MARKET CLOSE: NZX 50 falls a 2nd day; Telecom down
MARKET CLOSE: NZX 50 falls for 2nd day; Telecom slips
May 12 – New Zealand shares fell, pushing the NZX 50 Index lower for a second day, amid concerns optimism that the world has past the worst of its economic slump may be premature with stocks having rallied too hard given the ongoing recession.
The NZX 50 fell 16.52, or 0.6%, to 2812.69, extending its slide from the six-month high reached last week. Within the index, 29 stocks dropped, 12 rose and nine were unchanged. Turnover was NZ$70.4 million. Telecom Corp., the biggest company on the index, fell 1.2$ to NZ$2.58, after a new rival, 2degrees, announced it will become the nation’s third mobile phone operator. Fletcher Building, the third largest, fell 1.5% to NZ$6.75.
The decline follows weaker shares on Wall Street on concern prices had been driven too high as investors clung to any signs of recovery. The Standard & Poor’s 500 fell 2.2%. In Asia today, Singapore’s Straits Times Index fell 1.1% to 2141.79 and Japan’s Nikkei 225 declined 1.6% to 9298.61. In Sydney, the S&P/ASX 200 Index fell 1.2% to 3877.20.
A Bloomberg survey showed economists have pared back their forecasts for a recovery from the U.S. recession, with the jobless rate holding above 8% through 2011, while economic growth revives to 1.9% next year.
“The market has run primarily on the basis of people not wanting to miss the opportunity to buy stocks when they are intrinsically cheap,” said Angus Gluskie, who manages about US$250 million at White Funds Management in Sydney. “The falls are a one in 30 or 40-year event. Against that, the economic fundamentals have not changed dramatically – they’re poor at the moment and continue to deteriorate.”
NZ Farming Systems Uruguay fell 6% to 47 cents and was the biggest decliner on the NZX 50 today. Ryman Healthcare slipped 4.8% to NZ$1.60 and Fisher & Paykel Appliances declined 4.5% to 64 cents.
Tourism Holdings fell 3.7% to 52 cents after Air New Zealand, the national carrier, said long-haul passenger volumes extended their slump into April led by an 18% decline in numbers on routes through Asia, Japan and the UK, a sign that tourists are staying away in the midst of a global slump.
Air New Zealand was unchanged at NZ$1.09. The airline has been reducing capacity to match falling demand and yesterday said it is reviewing regional routes in New Zealand. The company also said there have been a number of cancellations on Japanese routes due to fears of a swine flu pandemic, though there wasn’t likely to be much financial impact on the airline.

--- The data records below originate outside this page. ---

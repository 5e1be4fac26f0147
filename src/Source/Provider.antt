-- ===== src/Source/Provider.antt =====
-- src/source.cpp: the chunks of a file that a provider keeps, the last used one first, and the reads
-- that go through them. The descriptor, `Libshit::LowIo`, is a parameter.
pub mod Chunks
pub mod Cached
pub mod Dumped
use neptools.Prelude.{
  ℕ, zero, suc, ◌+◌, ◌-◌, ◌*◌, ◌/◌, ◌≤◌, ◌≡◌, Bool, true, false, ◌&&◌, Option, none, some, List, [],
  ◌∷◌, ◌++◌, ltb, leb, ◌==◌, if◌then◌else◌, length, take, drop, min,
}
use neptools.Prelude.Bytes.{Bytes}
use neptools.Prelude.Result.{Result, ok, err, ◌>>=◌, ◌>>◌, guard, assertion, out_of_fuel}

-- An open file: `pread offs len` is the block that `LowIo::Pread` (or `Mmap`) gives.
pub record LowIo : Type 0 where
  pub file : Bytes
  pub pread : ℕ → ℕ → Bytes
  pub pread_lem :
      (offs len : ℕ) → offs + len ≤ length file → pread offs len ≡ take len (drop offs file)

-- `ptr` is the memory pointed to.
pub record BufEntry : Type 0 where
  pub ptr : Bytes
  pub offset : ℕ
  pub size : ℕ

-- The array `lru`: its entry 0, and the entries behind it.
pub record Lru : Type 0 where
  pub front : BufEntry
  pub rest : List BufEntry

abbrev null_entry : BufEntry
null_entry = record { ptr = []; offset = 0; size = 0 }

-- The array of a new provider.
abbrev pub new_lru : Lru
new_lru = record { front = null_entry; rest = null_entry ∷ null_entry ∷ null_entry ∷ [] }

abbrev pub lru_push : Bytes → ℕ → ℕ → Lru → Lru
lru_push ptr offset size l = record {
  front = record { ptr = ptr; offset = offset; size = size };
  rest = take (length l.rest) (l.front ∷ l.rest);
}

abbrev pub covers : ℕ → BufEntry → Bool
covers offs x = leb x.offset offs && ltb offs (x.offset + x.size)

-- The loop of `LruGet`: `seen` are the entries before the one looked at.
unfoldable pub lru_find : ℕ → List BufEntry → List BufEntry → Option Lru
lru_find offs seen [] = none
lru_find offs seen (x ∷ xs) = elim (covers offs x) [
  | true ↦ some (record { front = x; rest = seen ++ xs })
  | false ↦ lru_find offs (seen ++ x ∷ []) xs
]

-- `LruGet`: `none` where the source returns false, and leaves the array as it is.
abbrev pub lru_get : ℕ → Lru → Option Lru
lru_get offs l = lru_find offs [] (l.front ∷ l.rest)

-- The bytes that a loop copies out of the first entry, and how many.
abbrev pub to_copy : ℕ → ℕ → Lru → ℕ
to_copy offs len l = min len (l.front.size - (offs - l.front.offset))

abbrev pub copied : ℕ → ℕ → Lru → Bytes
copied offs n l = take n (drop (offs - l.front.offset) l.front.ptr)

-- `UnixLike<T>` over an open file, with the chunk size of `MmapProvider` or `UnixProvider`.
module _ (io : LowIo) (chunk_size : ℕ) where
  unfoldable pub ensure_chunk : ℕ → Lru → Lru
  ensure_chunk offs l =
      let ch_offs = offs / chunk_size * chunk_size in
      let size = min chunk_size (length io.file - ch_offs) in
      elim (lru_get offs l) [
        | some l' ↦ l'
        | none ↦ lru_push (io.pread ch_offs size) ch_offs size l
      ]

  -- The loop of `UnixLike<T>::Pread`. The fuel counts its rounds.
  unfoldable pub copy_chunks : ℕ → ℕ → ℕ → Lru → Result (Bytes × Lru)
  copy_chunks fuel offs zero l = ok ([], l)
  copy_chunks zero offs (suc len) l = err out_of_fuel
  copy_chunks (suc fuel) offs (suc len) l =
      let l' = ensure_chunk offs l in
      let n = to_copy offs (suc len) l' in
      let later = copy_chunks fuel (offs + n) (suc len - n) l' in
      later >>= λ (bytes, l''). ok (copied offs n l' ++ bytes, l'')

  -- `UnixLike<T>::Pread`.
  unfoldable pub provider_pread : ℕ → ℕ → Lru → Result (Bytes × Lru)
  unfolding copy_chunks
  provider_pread offs len l =
      if ltb chunk_size len
      then ok (io.pread offs len, l)
      else if len == 0
      then ok ([], ensure_chunk offs l)
      else copy_chunks len offs len l

  -- The loop of `Source::Pread_`, `offs` counted from the start of the file.
  unfoldable pub pread_cached : ℕ → ℕ → ℕ → Lru → Result (Bytes × Lru)
  pread_cached fuel offs zero l = ok ([], l)
  pread_cached zero offs (suc len) l = err out_of_fuel
  pread_cached (suc fuel) offs (suc len) l = elim (lru_get offs l) [
    | none ↦ provider_pread offs (suc len) l
    | some l' ↦
        let n = to_copy offs (suc len) l' in
        pread_cached fuel (offs + n) (suc len - n) l' >>= λ (bytes, l'').
        ok (copied offs n l' ++ bytes, l'')
  ]

  -- `GetTemporaryEntry`: afterwards the entry is the array's first; its assertion.
  unfoldable pub get_temporary_entry : ℕ → Lru → Result Lru
  get_temporary_entry offs l = elim (lru_get offs l) [
    | some l' ↦ ok l'
    | none ↦ do (bytes, l') ← provider_pread offs 0 l; guard (covers offs l'.front) assertion; ok l'
  ]

  -- The part of the first entry that `GetChunk` returns.
  abbrev entry_chunk : ℕ → ℕ → ℕ → Lru → Bytes
  entry_chunk offset size offs l =
      let eoffs = offs + offset - l.front.offset in
      take (min (l.front.size - eoffs) (size - offs)) (drop eoffs l.front.ptr)

  -- `GetChunk` of the window of `size` bytes at `offset`, and its assertion.
  unfoldable pub get_chunk : ℕ → ℕ → ℕ → Lru → Result (Bytes × Lru)
  get_chunk offset size offs l = do
    guard (ltb offs size) assertion
    l' ← get_temporary_entry (offs + offset) l
    ok (entry_chunk offset size offs l', l')

  -- The loop of `Source::Dump` over that window from `offs` on: what the sink is given.
  unfoldable pub dump_chunks : ℕ → ℕ → ℕ → ℕ → Lru → Result (Bytes × Lru)
  dump_chunks zero offset size offs l = if ltb offs size then err out_of_fuel else ok ([], l)
  dump_chunks (suc fuel) offset size offs l = elim (ltb offs size) [
    | false ↦ ok ([], l)
    | true ↦ do
      (chunk, l') ← get_chunk offset size offs l
      (bytes, l'') ← dump_chunks fuel offset size (offs + length chunk) l'
      ok (chunk ++ bytes, l'')
  ]

  -- `strnlen` and the append of one chunk: the bytes before a zero, and whether there was one.
  pub before_zero : Bytes → Bytes × Bool
  before_zero [] = ([], false)
  before_zero (b ∷ bs) = elim (b == 0) [
    | true ↦ ([], true)
    | false ↦ let rest = before_zero bs in (b ∷ rest.0, rest.1)
  ]

  -- The loop of `PreadCString`.
  unfoldable pub cstring_chunks : ℕ → ℕ → ℕ → ℕ → Lru → Result (Bytes × Lru)
  cstring_chunks zero offset size offs l = err out_of_fuel
  cstring_chunks (suc fuel) offset size offs l = do
    (chunk, l') ← get_chunk offset size offs l
    let (part, found) = before_zero chunk
    elim found [
      | true ↦ ok (part, l')
      | false ↦ cstring_chunks fuel offset size (offs + length chunk) l' >>= λ (bytes, l'').
          ok (part ++ bytes, l'')
    ]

Rakon Ltd., which makes components for navigation systems, fell 3.7% to NZ$1.57 and Cavalier Corp. dropped 3.8% to NZ$1.78.
Fishing company Sanford Ltd. fell 1.7% to NZ$5.65 as the kiwi dollar held above 60 U.S. cents, having surged more than 3 U.S. cents since late April. A higher kiwi trims the value of export revenue.
Pike River Coal climbed 1.9% to NZ$1.08 after yesterday responded to an ASX query on the recent surge in its stock price by pointing to two recent broker analyst reports which have” re-rated the company’s share price outlook, and positive news reports relating to the steel industries in China and India.” The shares are up 38% in the past month.
Fisher & Paykel Healthcare climbed 1.9% to NZ$3.20 and is up 7.7% in the past month.